How is corruption tied to the protection of human rights?
It is widely recognised that there is a clear link between corruption and the enjoyment of human rights and that corruption is one of the biggest impediments for the realization of human rights in many countries.
Just to give a few examples, corruption interferes with political processes, delivery of public services, such as education and access to adequate health care as well as having a negative impact on justice delivery. It is also a highly discriminatory practice where for example poor people and persons in vulnerable positions are often excluded from services they should otherwise have access to.
How big of a problem is corruption globally?
Corruption is a world-wide phenomenon that exists in both the private and public sector, in large scale and in small scale and comes in many different forms.
The first form that comes to mind is bribery.
Some years ago the World Bank estimated the annual figure for bribery in the world to be 1,000,000,000,000. (one trillion USD).
You will find corruption everywhere, but it thrives in societies where there are weak or non-existent checks and balances, poor transparency regarding executive decisions, restricted access to information, weak systems of oversight and enforcements, a controlled media and where the tolerance for corrupt activities is high.
In such societies corruption and a poor human rights record often contribute to mutually reinforce each other, thus creating a viscous circle that is difficult to break. Fighting corruption in such societies can be life threatening and there are ample examples of anti-corruption campaigners and human rights defenders who have paid with their life or have been forced into exile for revealing corrupt practices among public officials.

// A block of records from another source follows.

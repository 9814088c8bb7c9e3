-- ===== src/Alloc/Checks.antt =====
-- ardain/src/file_alloc.rs: the model run on inputs, and the theorems at inputs.
use ard_tools.Base.{
  ℕ, ◌+◌, ◌++◌, ◌∙◌, ◌%◌, ◌^◌, ◌≤◌, ◌≡◌, refl, Bool, true, false, some, List, [], ◌∷◌, arith, ltb,
  if◌then◌else◌, length, get_elem?, replicate, length-append, length-replicate, Run, ok, err, panic,
}
use ard_tools.Bits
use ard_tools.Arh.Meta.{FileMeta, new_invalid}
use ard_tools.Arh.Meta
use ard_tools.Arh.Blocks
use ard_tools.Arh.Blocks.{BlockAllocTable}
use ard_tools.Arh.Blocks.Mark.{occupied_at}
use ard_tools.Fs.Error.{Error}
use ard_tools.Alloc
use ard_tools.Alloc.{
  size_on_disk, Xbc1Lib, Output, Allocator, EntryFile, raw, best, no_compression, compress_data,
  entry_bytes, write_new_file, replace_file,
}
use ard_tools.Alloc.Place.{touches, Replaced}
use ard_tools.Alloc.Files.{write_new_file_lem, replace_file_lem}

-- A format that does not compress, and a file that logs what is written.
abbrev plain_lib : Xbc1Lib
plain_lib = record {
  CompressionType = Bool;
  zlib = true;
  uncompressed = false;
  Xbc1 = List ℕ;
  decompressed_size = λ xbc1. length xbc1;
  compressed_stream = λ xbc1. xbc1;
  from_decompressed = λ bytes type. some bytes;
  xbc1_bytes = λ xbc1. replicate 0x30 0 ++ xbc1;
}

abbrev log_output : Output
log_output = record {
  Sink = List (ℕ × List ℕ);
  write_at = λ sink offset bytes. some ((offset, bytes) ∷ sink);
}

program : Unit {0}
unfolding Bits.leading_zeros Bits.trailing_zeros Meta.set_flag Blocks.mark_block Blocks.mark_range
    Blocks.mark_start Blocks.mark_end Blocks.mark Blocks.scan_slot Blocks.find_in_slot
    Blocks.find_loop Blocks.find_at_end Blocks.find_blocks Blocks.find_free_space_inner
    Blocks.find_free_space Blocks.find_space_replace Blocks.patch_old Alloc.size_on_disk
    Alloc.entry_bytes Alloc.compress_data Alloc.update_meta Alloc.write_new_file Alloc.replace_file
program = tt

-- Blocks of 16 bytes, of which the first is occupied, and one file without data.
abbrev start : Allocator (List (ℕ × List ℕ))
start = record {
  block_table = record { block_size_pow = 4; block_arr_count = 1; blocks = 2 ^ 63 ∷ [] };
  file_table = new_invalid ∷ [];
  writer = [];
}

abbrev of_ok : Run Error (Allocator (List (ℕ × List ℕ))) → Allocator (List (ℕ × List ℕ))
of_ok (ok alloc) = alloc
of_ok (err e) = start
of_ok panic = start

abbrev twenty : List ℕ
twenty = replicate 20 7

abbrev written : Allocator (List (ℕ × List ℕ))
written = of_ok (write_new_file plain_lib log_output start 0 twenty best)

abbrev rewritten : Allocator (List (ℕ × List ℕ))
rewritten = of_ok (replace_file plain_lib log_output written 0 (replicate 40 8) no_compression)

write_runs : write_new_file plain_lib log_output start 0 twenty best ≡ ok written
unfolding program
write_runs = refl

written_offset : written.writer ≡ (16, twenty) ∷ []
unfolding program
written_offset = refl

replace_runs :
    replace_file plain_lib log_output written 0 (replicate 40 8) no_compression ≡ ok rewritten
unfolding program
replace_runs = refl

plain_wire :
    (x : List ℕ) → length (plain_lib.xbc1_bytes x) ≡ length (plain_lib.compressed_stream x) + 0x30
plain_wire x =
    length-append (replicate {A = ℕ} 0x30 0) x ∙ omega (arith, length-replicate {A = ℕ} 0x30 0)

write_new_file_lem_example :
    (entry : EntryFile (List ℕ)) × (payload : List ℕ) × (m : FileMeta) × (compress_data plain_lib
        twenty best
      ≡ ok entry)
    × (entry_bytes plain_lib entry ≡ ok payload)
    × (log_output.write_at [] m.offset payload ≡ some written.writer)
    × (length payload ≡ m.compressed_size)
    × (get_elem? written.file_table 0 ≡ some m)
    × ((if ltb 0 m.compressed_size then m.offset % 2 ^ 4 else 0) ≡ 0)
    × ((if touches (2 ^ 4) m 2 then occupied_at (2 ^ 63 ∷ []) 2 else 0) ≡ 0)
    × ((if touches (2 ^ 4) m 2 then 1 else occupied_at (2 ^ 63 ∷ []) 2)
        ≤ occupied_at written.block_table.blocks 2)
write_new_file_lem_example =
    write_new_file_lem plain_lib log_output start 0 twenty best 0 2 (omega arith, tt) plain_wire
      write_runs

replace_file_lem_example :
    (file : FileMeta) × (m : FileMeta) × (entry : EntryFile (List ℕ)) × (payload : List ℕ)
    × (compress_data plain_lib (replicate 40 8) no_compression ≡ ok entry)
    × (entry_bytes plain_lib entry ≡ ok payload)
    × (log_output.write_at written.writer m.offset payload ≡ some rewritten.writer)
    × (m.compressed_size ≡ size_on_disk plain_lib entry)
    × Replaced written.block_table written.file_table rewritten.block_table rewritten.file_table 0 0
        2 file m
replace_file_lem_example =
    replace_file_lem plain_lib log_output written 0 (replicate 40 8) no_compression 0 2 replace_runs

How can you fight corruption?
Fighting corruption is a difficult and a long-term process, and it requires an integrated and holistic approach. It is for example about developing transparent societies with freedom of information and expression, promoting meaningful public participation in political processes, building justice systems and institutions that are fair, effective and accountable, protecting whistleblowers and educating and creating public awareness about corruption as something that is not tolerated. The UN Convention against Corruption (UNCAC) provides a good tool for addressing corruption as States Parties are obliged to undertake several anti-corruption measures affecting for example their legal framework and institutional set-up, with a view to promote the prevention, detection and criminal justice responses to corruption.